--- DATA TO EXAMINE Enclosed Below ---

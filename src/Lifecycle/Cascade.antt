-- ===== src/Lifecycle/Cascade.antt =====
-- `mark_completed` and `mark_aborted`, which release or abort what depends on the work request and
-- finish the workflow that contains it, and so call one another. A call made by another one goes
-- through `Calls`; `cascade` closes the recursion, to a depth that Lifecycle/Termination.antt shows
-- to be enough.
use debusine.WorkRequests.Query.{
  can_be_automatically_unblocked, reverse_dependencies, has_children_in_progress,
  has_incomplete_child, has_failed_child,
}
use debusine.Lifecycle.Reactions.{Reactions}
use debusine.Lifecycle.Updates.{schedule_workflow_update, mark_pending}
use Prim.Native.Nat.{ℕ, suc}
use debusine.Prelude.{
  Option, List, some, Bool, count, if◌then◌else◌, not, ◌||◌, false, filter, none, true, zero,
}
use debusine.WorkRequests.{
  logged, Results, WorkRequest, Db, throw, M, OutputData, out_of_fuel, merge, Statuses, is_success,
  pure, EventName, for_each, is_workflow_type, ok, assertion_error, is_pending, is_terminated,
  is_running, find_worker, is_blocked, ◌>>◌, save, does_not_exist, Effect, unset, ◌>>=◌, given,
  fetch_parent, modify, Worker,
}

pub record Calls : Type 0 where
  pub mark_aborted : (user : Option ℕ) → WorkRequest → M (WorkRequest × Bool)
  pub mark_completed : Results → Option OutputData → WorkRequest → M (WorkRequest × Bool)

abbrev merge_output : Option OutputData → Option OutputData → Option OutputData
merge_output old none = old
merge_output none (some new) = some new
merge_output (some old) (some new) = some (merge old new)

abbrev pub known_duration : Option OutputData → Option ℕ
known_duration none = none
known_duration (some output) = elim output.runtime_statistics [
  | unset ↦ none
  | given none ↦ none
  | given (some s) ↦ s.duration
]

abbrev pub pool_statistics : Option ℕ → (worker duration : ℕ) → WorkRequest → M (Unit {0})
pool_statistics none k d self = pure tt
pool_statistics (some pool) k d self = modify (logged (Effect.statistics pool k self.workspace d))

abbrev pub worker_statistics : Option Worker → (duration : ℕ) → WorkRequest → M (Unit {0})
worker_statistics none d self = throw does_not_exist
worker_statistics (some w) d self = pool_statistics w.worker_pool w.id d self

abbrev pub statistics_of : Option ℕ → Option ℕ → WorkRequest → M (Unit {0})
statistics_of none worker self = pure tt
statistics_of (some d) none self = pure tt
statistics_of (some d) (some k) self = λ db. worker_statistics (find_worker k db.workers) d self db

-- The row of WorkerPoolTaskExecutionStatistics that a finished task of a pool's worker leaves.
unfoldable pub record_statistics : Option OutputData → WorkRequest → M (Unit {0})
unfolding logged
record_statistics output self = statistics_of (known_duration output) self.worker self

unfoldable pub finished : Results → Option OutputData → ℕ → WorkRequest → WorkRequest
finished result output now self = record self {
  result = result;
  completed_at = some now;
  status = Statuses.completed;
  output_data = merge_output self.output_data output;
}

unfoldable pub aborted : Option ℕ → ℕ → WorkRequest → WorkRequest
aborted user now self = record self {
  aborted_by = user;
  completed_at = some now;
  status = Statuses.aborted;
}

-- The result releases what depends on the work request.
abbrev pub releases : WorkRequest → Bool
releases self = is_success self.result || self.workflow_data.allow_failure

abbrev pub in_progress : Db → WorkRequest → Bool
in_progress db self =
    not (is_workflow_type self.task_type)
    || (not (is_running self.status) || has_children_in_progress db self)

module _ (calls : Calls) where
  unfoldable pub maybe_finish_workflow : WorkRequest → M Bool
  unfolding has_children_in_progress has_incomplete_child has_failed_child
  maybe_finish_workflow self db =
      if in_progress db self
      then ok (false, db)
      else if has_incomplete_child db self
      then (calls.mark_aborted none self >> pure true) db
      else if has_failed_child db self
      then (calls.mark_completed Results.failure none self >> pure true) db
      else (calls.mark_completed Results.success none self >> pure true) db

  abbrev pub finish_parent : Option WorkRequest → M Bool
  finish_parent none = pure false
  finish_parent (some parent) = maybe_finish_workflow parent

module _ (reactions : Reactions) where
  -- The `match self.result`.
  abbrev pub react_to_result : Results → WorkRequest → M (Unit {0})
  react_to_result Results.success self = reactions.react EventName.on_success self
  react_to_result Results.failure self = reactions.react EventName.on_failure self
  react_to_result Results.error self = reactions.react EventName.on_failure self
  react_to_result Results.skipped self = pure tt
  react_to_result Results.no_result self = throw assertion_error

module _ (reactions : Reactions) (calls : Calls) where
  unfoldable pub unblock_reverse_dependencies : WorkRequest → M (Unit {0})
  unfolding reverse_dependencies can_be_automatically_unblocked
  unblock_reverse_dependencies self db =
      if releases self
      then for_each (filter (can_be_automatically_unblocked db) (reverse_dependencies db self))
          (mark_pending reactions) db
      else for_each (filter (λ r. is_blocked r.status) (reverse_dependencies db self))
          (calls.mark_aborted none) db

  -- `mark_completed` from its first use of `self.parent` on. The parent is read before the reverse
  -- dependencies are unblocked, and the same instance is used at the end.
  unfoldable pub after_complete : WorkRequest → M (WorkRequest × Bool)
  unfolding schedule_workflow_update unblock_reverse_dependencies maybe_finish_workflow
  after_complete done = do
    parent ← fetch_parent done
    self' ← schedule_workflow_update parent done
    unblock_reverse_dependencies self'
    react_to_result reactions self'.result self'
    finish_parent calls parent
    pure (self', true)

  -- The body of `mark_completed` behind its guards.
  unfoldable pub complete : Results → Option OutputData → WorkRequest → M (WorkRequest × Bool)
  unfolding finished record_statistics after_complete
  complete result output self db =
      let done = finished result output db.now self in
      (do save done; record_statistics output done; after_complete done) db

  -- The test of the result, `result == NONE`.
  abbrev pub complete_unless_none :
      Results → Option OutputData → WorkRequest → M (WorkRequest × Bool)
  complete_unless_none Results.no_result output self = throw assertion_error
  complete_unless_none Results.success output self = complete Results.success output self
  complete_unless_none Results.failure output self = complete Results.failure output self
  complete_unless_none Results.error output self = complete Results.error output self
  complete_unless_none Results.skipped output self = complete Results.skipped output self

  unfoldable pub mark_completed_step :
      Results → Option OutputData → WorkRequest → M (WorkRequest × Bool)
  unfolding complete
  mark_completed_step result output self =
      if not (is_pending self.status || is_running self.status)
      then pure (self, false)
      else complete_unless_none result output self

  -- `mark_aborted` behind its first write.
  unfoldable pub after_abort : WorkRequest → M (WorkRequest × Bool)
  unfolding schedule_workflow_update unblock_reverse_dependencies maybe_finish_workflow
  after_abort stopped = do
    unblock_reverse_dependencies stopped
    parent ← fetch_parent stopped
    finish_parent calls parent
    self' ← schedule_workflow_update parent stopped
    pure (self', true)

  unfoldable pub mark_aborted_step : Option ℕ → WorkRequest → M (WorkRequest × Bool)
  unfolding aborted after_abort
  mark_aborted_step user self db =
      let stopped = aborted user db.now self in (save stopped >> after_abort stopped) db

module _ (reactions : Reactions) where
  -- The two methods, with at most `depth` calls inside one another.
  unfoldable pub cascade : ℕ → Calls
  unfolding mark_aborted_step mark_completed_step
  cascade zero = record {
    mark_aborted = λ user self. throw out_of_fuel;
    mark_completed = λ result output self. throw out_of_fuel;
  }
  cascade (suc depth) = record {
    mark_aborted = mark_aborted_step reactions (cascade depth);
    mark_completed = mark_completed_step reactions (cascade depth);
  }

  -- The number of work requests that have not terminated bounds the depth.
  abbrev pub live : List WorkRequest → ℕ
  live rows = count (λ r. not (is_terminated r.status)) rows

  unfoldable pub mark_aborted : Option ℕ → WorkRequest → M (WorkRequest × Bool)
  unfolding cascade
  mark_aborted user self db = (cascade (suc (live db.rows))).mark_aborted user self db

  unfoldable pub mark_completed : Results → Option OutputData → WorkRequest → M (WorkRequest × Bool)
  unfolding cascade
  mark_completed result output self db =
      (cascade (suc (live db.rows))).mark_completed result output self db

--- End of Enclosed DATA TO EXAMINE ---
--- DATA TO EXAMINE Enclosed Below ---

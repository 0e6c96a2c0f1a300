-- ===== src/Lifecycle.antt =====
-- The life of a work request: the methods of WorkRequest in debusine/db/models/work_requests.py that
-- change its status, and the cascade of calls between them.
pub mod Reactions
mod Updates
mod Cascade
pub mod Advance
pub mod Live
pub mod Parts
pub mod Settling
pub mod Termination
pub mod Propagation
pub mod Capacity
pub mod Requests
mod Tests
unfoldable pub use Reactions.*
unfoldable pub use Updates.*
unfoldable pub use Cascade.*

--- End of Enclosed DATA TO EXAMINE ---

-- REQUIREMENT --
For the word "depends", find every line in the data that holds it and copy that line.

-- TASK SOLUTION --
-- `mark_completed` and `mark_aborted`, which release or abort what depends on the work request and
-- The result releases what depends on the work request.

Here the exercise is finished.